Source data |
>>>

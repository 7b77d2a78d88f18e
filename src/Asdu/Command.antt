-- ===== src/Asdu/Command.antt =====
-- asdu/cproc.go, asdu/cpara.go and asdu/msys.go: the commands, the parameters and the end of
-- initialization, of which an ASDU has one. An instant is the octets that carry it, and a float32
-- its 32 bits.
pub mod Functions
pub mod Fields
pub mod Arrivals
use go_iecp.Shared.{
  ℕ, Bool, false, ◌||◌, List, [], ◌∷◌, ◌++◌, Option, none, some, bit_and, bit_or, ◌==◌,
  if◌then◌else◌, ℤ, to_word,
}
use go_iecp.Asdu.Error.{Result, err, cmd_cause}
use go_iecp.Asdu.TypeId.{
  c_sc_na_1, c_sc_ta_1, c_dc_na_1, c_dc_ta_1, c_rc_na_1, c_rc_ta_1, c_se_na_1, c_se_ta_1, c_se_nb_1,
  c_se_tb_1, c_se_nc_1, c_se_tc_1, c_bo_na_1, c_bo_ta_1, p_me_na_1, p_me_nb_1, p_me_nc_1, p_ac_na_1,
  m_ei_na_1,
}
use go_iecp.Asdu.Identifier.{CauseOfTransmission}
use go_iecp.Asdu.Information.{
  QualifierOfCommand, qualifier_of_command_value, parse_qualifier_of_command,
  QualifierOfSetpointCmd, qualifier_of_setpoint_cmd_value, parse_qualifier_of_setpoint_cmd,
  QualifierOfParameterMv, qualifier_of_parameter_mv_value, parse_qualifier_of_param_mv,
  CauseOfInitial, cause_of_initial_value, parse_cause_of_initial,
}
use go_iecp.Asdu.Message.{Params, Asdu, valid, new_asdu}
use go_iecp.Asdu.System.{activation, deactivation}
use go_iecp.Asdu.Codec.{
  octets16, octets32, decode_byte, decode_normalize, decode_scaled, decode_bits_string32,
  decode_info_obj_addr,
}
use go_iecp.Asdu.Monitor.{
  Element, Layout, TimeTag, no_tag, cp56, mismatch, append_infos, element_of,
}
use go_iecp.Asdu.Monitor.Elements.{mapped}

-- A value with a qualifier.
pub record Command (V Q : Type 0) : Type 0 where
  pub ioa : ℕ
  pub value : V
  pub qualifier : Q
  pub time : List ℕ

abbrev pub SingleCommandInfo : Type 0
SingleCommandInfo = Command Bool QualifierOfCommand

-- A double command, and a step command.
abbrev pub DoubleCommandInfo : Type 0
DoubleCommandInfo = Command ℕ QualifierOfCommand

abbrev pub SetpointCommandInfo : Type 0
SetpointCommandInfo = Command ℤ QualifierOfSetpointCmd

abbrev pub SetpointCommandFloatInfo : Type 0
SetpointCommandFloatInfo = Command ℕ QualifierOfSetpointCmd

abbrev command_tag : (na ta type_id : ℕ) → TimeTag
command_tag na ta type_id =
    if type_id == na then no_tag else if type_id == ta then cp56 else mismatch

abbrev then_parsed : {A Q : Type 0} → (ℕ → Q) → Option (A × Asdu) → Option ((A × Q) × Asdu)
then_parsed f none = none
then_parsed f (some (v, a)) = mapped (λ b. (v, f b)) (decode_byte a)

abbrev command : {V Q : Type 0} → ℕ → V × Q → List ℕ → Command V Q
command x (v, q) time = record { ioa = x; value = v; qualifier = q; time = time }

unfoldable pub single_cmd : Layout SingleCommandInfo (Bool × QualifierOfCommand)
single_cmd = record {
  tag = command_tag c_sc_na_1 c_sc_ta_1;
  addr = λ c. c.ioa;
  time = λ c. c.time;
  fields = λ t c.
      (let value = qualifier_of_command_value c.qualifier in
        if c.value then bit_or value 0x01 else value)
      ∷ [];
  decode_fields = λ t a.
      mapped (λ b. (bit_and b 0x01 == 0x01, parse_qualifier_of_command (bit_and b 0xfe)))
        (decode_byte a);
  build = λ x. command x;
}

-- A double or a step command, by its types.
abbrev two_bit_cmd : ℕ → ℕ → Layout DoubleCommandInfo (ℕ × QualifierOfCommand)
two_bit_cmd na ta = record {
  tag = command_tag na ta;
  addr = λ c. c.ioa;
  time = λ c. c.time;
  fields = λ t c. bit_or (qualifier_of_command_value c.qualifier) (bit_and c.value 0x03) ∷ [];
  decode_fields = λ t a.
      mapped (λ b. (bit_and b 0x03, parse_qualifier_of_command (bit_and b 0xfc))) (decode_byte a);
  build = λ x. command x;
}

unfoldable pub double_cmd : Layout DoubleCommandInfo (ℕ × QualifierOfCommand)
double_cmd = two_bit_cmd c_dc_na_1 c_dc_ta_1

unfoldable pub step_cmd : Layout DoubleCommandInfo (ℕ × QualifierOfCommand)
step_cmd = two_bit_cmd c_rc_na_1 c_rc_ta_1

unfoldable pub setpoint_cmd_normal : Layout SetpointCommandInfo (ℤ × QualifierOfSetpointCmd)
setpoint_cmd_normal = record {
  tag = command_tag c_se_na_1 c_se_ta_1;
  addr = λ c. c.ioa;
  time = λ c. c.time;
  fields =
      λ t c. octets16 (to_word 65536 c.value) ++ (qualifier_of_setpoint_cmd_value c.qualifier ∷ []);
  decode_fields = λ t a. then_parsed parse_qualifier_of_setpoint_cmd (decode_normalize a);
  build = λ x. command x;
}

unfoldable pub setpoint_cmd_scaled : Layout SetpointCommandInfo (ℤ × QualifierOfSetpointCmd)
setpoint_cmd_scaled = record {
  tag = command_tag c_se_nb_1 c_se_tb_1;
  addr = λ c. c.ioa;
  time = λ c. c.time;
  fields =
      λ t c. octets16 (to_word 65536 c.value) ++ (qualifier_of_setpoint_cmd_value c.qualifier ∷ []);
  decode_fields = λ t a. then_parsed parse_qualifier_of_setpoint_cmd (decode_scaled a);
  build = λ x. command x;
}

unfoldable pub setpoint_cmd_float : Layout SetpointCommandFloatInfo (ℕ × QualifierOfSetpointCmd)
setpoint_cmd_float = record {
  tag = command_tag c_se_nc_1 c_se_tc_1;
  addr = λ c. c.ioa;
  time = λ c. c.time;
  fields = λ t c. octets32 c.value ++ (qualifier_of_setpoint_cmd_value c.qualifier ∷ []);
  decode_fields = λ t a. then_parsed parse_qualifier_of_setpoint_cmd (decode_bits_string32 a);
  build = λ x. command x;
}

-- A command without a qualifier.
pub record BitsString32CommandInfo : Type 0 where
  pub ioa : ℕ
  pub value : ℕ
  pub time : List ℕ

unfoldable pub bits_string32_cmd : Layout BitsString32CommandInfo ℕ
bits_string32_cmd = record {
  tag = command_tag c_bo_na_1 c_bo_ta_1;
  addr = λ c. c.ioa;
  time = λ c. c.time;
  fields = λ t c. octets32 c.value;
  decode_fields = λ t a. decode_bits_string32 a;
  build = λ x v time. record { ioa = x; value = v; time = time };
}

-- A measured value parameter.
pub record Parameter (V : Type 0) : Type 0 where
  pub ioa : ℕ
  pub value : V
  pub qpm : QualifierOfParameterMv

abbrev parameter : {V : Type 0} → ℕ → V × QualifierOfParameterMv → List ℕ → Parameter V
parameter x (v, q) time = record { ioa = x; value = v; qpm = q }

unfoldable pub parameter_normal : Layout (Parameter ℤ) (ℤ × QualifierOfParameterMv)
parameter_normal = record {
  tag = λ t. no_tag;
  addr = λ c. c.ioa;
  time = λ c. [];
  fields = λ t c. octets16 (to_word 65536 c.value) ++ (qualifier_of_parameter_mv_value c.qpm ∷ []);
  decode_fields = λ t a. then_parsed parse_qualifier_of_param_mv (decode_normalize a);
  build = λ x. parameter x;
}

unfoldable pub parameter_scaled : Layout (Parameter ℤ) (ℤ × QualifierOfParameterMv)
parameter_scaled = record {
  tag = λ t. no_tag;
  addr = λ c. c.ioa;
  time = λ c. [];
  fields = λ t c. octets16 (to_word 65536 c.value) ++ (qualifier_of_parameter_mv_value c.qpm ∷ []);
  decode_fields = λ t a. then_parsed parse_qualifier_of_param_mv (decode_scaled a);
  build = λ x. parameter x;
}

unfoldable pub parameter_float : Layout (Parameter ℕ) (ℕ × QualifierOfParameterMv)
parameter_float = record {
  tag = λ t. no_tag;
  addr = λ c. c.ioa;
  time = λ c. [];
  fields = λ t c. octets32 c.value ++ (qualifier_of_parameter_mv_value c.qpm ∷ []);
  decode_fields = λ t a. then_parsed parse_qualifier_of_param_mv (decode_bits_string32 a);
  build = λ x. parameter x;
}

pub record ParameterActivationInfo : Type 0 where
  pub ioa : ℕ
  pub qpa : ℕ

unfoldable pub parameter_activation : Layout ParameterActivationInfo ℕ
parameter_activation = record {
  tag = λ t. no_tag;
  addr = λ c. c.ioa;
  time = λ c. [];
  fields = λ t c. c.qpa ∷ [];
  decode_fields = λ t a. decode_byte a;
  build = λ x v time. record { ioa = x; qpa = v };
}

unfoldable pub end_of_initialization : Layout (ℕ × CauseOfInitial) CauseOfInitial
end_of_initialization = record {
  tag = λ t. no_tag;
  addr = λ c. c.0;
  time = λ c. [];
  fields = λ t c. cause_of_initial_value c.1 ∷ [];
  decode_fields = λ t a. mapped parse_cause_of_initial (decode_byte a);
  build = λ x v time. (x, v);
}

<<<

Problem requirements |
Wherever the string "TimeTag" occurs in the entries, copy that whole line.

Task answer |
  Element, Layout, TimeTag, no_tag, cp56, mismatch, append_infos, element_of,
abbrev command_tag : (na ta type_id : ℕ) → TimeTag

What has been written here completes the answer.